Directions ▸
Beginning with the first line, copy out each line of the material until the line containing "what each operation" has been copied as well.

Exercise input ▸
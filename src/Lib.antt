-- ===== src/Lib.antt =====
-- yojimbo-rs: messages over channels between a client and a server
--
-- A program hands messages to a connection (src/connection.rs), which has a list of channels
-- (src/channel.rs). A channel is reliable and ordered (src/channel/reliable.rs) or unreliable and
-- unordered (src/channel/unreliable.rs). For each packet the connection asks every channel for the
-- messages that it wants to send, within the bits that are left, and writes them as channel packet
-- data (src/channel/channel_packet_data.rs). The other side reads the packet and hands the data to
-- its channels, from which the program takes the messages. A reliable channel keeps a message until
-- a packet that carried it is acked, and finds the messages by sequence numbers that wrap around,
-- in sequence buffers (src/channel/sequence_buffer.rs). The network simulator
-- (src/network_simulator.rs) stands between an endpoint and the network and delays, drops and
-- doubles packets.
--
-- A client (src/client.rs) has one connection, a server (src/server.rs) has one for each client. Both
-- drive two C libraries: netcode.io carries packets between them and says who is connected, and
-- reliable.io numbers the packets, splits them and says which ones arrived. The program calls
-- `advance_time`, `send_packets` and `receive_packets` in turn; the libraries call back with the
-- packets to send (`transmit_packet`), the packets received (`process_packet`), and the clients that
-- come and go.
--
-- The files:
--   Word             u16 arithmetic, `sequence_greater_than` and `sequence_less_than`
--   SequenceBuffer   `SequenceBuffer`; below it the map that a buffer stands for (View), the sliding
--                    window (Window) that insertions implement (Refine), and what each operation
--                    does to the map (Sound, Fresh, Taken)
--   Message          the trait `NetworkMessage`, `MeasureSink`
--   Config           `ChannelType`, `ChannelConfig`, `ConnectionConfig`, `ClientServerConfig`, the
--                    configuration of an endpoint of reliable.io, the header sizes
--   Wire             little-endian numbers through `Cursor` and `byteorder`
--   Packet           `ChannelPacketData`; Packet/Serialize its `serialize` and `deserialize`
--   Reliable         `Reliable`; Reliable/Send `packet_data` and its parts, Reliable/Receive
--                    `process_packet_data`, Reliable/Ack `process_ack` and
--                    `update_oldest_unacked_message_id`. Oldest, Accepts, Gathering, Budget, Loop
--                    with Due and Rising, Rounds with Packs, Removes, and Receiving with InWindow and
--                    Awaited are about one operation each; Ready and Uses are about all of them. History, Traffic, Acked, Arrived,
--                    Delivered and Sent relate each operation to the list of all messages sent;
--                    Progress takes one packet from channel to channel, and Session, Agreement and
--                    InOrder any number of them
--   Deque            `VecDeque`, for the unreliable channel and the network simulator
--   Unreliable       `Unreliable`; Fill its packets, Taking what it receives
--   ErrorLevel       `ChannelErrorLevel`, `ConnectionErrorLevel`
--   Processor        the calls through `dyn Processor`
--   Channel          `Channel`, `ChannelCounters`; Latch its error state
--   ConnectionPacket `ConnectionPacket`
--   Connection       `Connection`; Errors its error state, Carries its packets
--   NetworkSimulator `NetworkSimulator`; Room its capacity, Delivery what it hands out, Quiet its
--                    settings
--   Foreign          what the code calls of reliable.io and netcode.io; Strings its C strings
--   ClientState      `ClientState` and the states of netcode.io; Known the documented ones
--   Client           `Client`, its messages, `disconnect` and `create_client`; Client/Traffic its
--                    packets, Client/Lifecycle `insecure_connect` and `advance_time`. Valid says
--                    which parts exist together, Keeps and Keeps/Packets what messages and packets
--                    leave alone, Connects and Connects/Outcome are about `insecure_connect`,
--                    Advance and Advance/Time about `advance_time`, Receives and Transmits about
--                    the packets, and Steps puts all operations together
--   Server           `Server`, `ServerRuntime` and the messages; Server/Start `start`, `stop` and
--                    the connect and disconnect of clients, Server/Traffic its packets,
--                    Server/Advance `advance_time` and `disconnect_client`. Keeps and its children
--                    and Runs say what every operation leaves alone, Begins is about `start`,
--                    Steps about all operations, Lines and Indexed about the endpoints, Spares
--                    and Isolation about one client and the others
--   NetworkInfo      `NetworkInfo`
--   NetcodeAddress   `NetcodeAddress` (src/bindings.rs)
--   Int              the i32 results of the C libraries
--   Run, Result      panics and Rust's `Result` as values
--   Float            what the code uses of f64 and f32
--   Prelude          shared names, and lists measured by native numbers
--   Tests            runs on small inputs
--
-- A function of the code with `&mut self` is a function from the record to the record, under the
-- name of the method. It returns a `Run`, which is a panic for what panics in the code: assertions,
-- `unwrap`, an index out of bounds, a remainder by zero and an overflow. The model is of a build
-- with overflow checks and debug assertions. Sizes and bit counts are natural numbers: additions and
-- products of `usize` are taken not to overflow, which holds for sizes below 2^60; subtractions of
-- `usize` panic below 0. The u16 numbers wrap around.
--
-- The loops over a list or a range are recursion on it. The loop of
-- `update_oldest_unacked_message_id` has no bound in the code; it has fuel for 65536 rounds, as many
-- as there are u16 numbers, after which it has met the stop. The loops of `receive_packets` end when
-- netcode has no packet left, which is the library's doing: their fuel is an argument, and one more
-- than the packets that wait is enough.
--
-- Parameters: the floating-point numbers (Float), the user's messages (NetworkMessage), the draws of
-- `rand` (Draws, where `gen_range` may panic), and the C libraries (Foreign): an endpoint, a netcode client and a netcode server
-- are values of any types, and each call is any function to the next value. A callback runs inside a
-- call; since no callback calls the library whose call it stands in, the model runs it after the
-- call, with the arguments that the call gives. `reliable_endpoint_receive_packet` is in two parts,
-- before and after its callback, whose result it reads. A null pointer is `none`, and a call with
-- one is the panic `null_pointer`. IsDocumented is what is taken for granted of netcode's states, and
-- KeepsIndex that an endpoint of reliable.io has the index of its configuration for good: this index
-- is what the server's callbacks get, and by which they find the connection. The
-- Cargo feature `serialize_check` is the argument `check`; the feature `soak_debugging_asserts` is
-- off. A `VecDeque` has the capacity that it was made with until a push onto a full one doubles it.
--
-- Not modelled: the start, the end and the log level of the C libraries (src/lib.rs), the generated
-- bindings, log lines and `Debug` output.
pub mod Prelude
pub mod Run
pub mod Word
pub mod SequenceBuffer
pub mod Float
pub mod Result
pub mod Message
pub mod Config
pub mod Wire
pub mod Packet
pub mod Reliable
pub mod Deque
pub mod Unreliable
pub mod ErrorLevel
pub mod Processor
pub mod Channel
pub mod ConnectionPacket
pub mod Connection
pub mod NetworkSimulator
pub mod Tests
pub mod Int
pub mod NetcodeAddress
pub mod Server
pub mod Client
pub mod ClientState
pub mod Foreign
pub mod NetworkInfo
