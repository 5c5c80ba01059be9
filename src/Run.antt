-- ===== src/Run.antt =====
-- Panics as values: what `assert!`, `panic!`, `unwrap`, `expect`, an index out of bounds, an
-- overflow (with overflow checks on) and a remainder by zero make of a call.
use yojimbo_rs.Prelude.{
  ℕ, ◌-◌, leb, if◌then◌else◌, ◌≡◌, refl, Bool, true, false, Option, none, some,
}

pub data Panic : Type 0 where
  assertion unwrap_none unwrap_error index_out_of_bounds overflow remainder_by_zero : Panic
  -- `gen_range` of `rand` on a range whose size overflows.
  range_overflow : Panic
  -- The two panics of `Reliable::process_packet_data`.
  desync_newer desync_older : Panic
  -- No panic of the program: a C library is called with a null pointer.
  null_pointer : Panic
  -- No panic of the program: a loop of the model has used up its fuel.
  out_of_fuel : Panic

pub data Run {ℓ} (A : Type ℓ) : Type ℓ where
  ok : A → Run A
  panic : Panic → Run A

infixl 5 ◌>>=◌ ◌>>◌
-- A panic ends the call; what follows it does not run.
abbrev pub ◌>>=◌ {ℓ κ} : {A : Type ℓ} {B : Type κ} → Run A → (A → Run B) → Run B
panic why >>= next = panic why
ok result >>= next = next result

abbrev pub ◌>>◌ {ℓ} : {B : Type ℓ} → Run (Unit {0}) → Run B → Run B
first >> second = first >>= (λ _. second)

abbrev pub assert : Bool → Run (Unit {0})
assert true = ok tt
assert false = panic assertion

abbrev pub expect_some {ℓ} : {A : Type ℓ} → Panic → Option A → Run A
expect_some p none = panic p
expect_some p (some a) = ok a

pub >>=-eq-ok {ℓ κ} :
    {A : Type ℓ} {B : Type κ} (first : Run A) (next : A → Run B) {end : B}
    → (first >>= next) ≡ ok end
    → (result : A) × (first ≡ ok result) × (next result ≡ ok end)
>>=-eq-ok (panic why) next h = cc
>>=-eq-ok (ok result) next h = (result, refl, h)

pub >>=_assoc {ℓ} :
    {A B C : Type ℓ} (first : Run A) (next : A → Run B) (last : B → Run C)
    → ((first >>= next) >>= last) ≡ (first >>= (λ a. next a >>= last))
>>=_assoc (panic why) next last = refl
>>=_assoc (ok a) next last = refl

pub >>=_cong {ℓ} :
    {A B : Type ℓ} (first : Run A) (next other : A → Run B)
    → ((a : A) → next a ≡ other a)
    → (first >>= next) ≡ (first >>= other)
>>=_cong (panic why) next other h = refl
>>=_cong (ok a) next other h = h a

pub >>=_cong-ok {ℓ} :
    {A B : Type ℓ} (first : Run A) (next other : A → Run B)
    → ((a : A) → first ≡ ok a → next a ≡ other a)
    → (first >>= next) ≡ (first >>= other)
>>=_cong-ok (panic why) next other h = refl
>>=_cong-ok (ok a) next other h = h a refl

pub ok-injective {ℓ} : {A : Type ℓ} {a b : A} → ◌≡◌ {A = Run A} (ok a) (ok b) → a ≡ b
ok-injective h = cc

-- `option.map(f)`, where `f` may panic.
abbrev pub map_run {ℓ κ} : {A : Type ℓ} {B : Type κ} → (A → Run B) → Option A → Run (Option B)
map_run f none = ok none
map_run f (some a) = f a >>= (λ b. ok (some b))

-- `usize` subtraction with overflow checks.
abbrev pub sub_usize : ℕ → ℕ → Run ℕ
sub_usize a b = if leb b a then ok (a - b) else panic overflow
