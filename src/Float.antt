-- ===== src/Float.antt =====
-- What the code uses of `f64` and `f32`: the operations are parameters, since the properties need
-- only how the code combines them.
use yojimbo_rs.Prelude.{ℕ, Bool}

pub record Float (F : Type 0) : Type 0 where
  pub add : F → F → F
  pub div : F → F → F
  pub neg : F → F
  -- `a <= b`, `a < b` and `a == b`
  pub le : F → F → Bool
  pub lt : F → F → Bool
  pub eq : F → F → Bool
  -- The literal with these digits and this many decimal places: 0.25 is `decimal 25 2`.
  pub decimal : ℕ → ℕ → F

The completed task ▸
filename src/Lib.antt
-- ===== src/Lib.antt =====
-- yojimbo-rs: messages over channels between a client and a server
--
-- A program hands messages to a connection (src/connection.rs), which has a list of channels
-- (src/channel.rs). A channel is reliable and ordered (src/channel/reliable.rs) or unreliable and
-- unordered (src/channel/unreliable.rs). For each packet the connection asks every channel for the
-- messages that it wants to send, within the bits that are left, and writes them as channel packet
-- data (src/channel/channel_packet_data.rs). The other side reads the packet and hands the data to
-- its channels, from which the program takes the messages. A reliable channel keeps a message until
-- a packet that carried it is acked, and finds the messages by sequence numbers that wrap around,
-- in sequence buffers (src/channel/sequence_buffer.rs). The network simulator
-- (src/network_simulator.rs) stands between an endpoint and the network and delays, drops and
-- doubles packets.
--
-- A client (src/client.rs) has one connection, a server (src/server.rs) has one for each client. Both
-- drive two C libraries: netcode.io carries packets between them and says who is connected, and
-- reliable.io numbers the packets, splits them and says which ones arrived. The program calls
-- `advance_time`, `send_packets` and `receive_packets` in turn; the libraries call back with the
-- packets to send (`transmit_packet`), the packets received (`process_packet`), and the clients that
-- come and go.
--
-- The files:
--   Word             u16 arithmetic, `sequence_greater_than` and `sequence_less_than`
--   SequenceBuffer   `SequenceBuffer`; below it the map that a buffer stands for (View), the sliding
--                    window (Window) that insertions implement (Refine), and what each operation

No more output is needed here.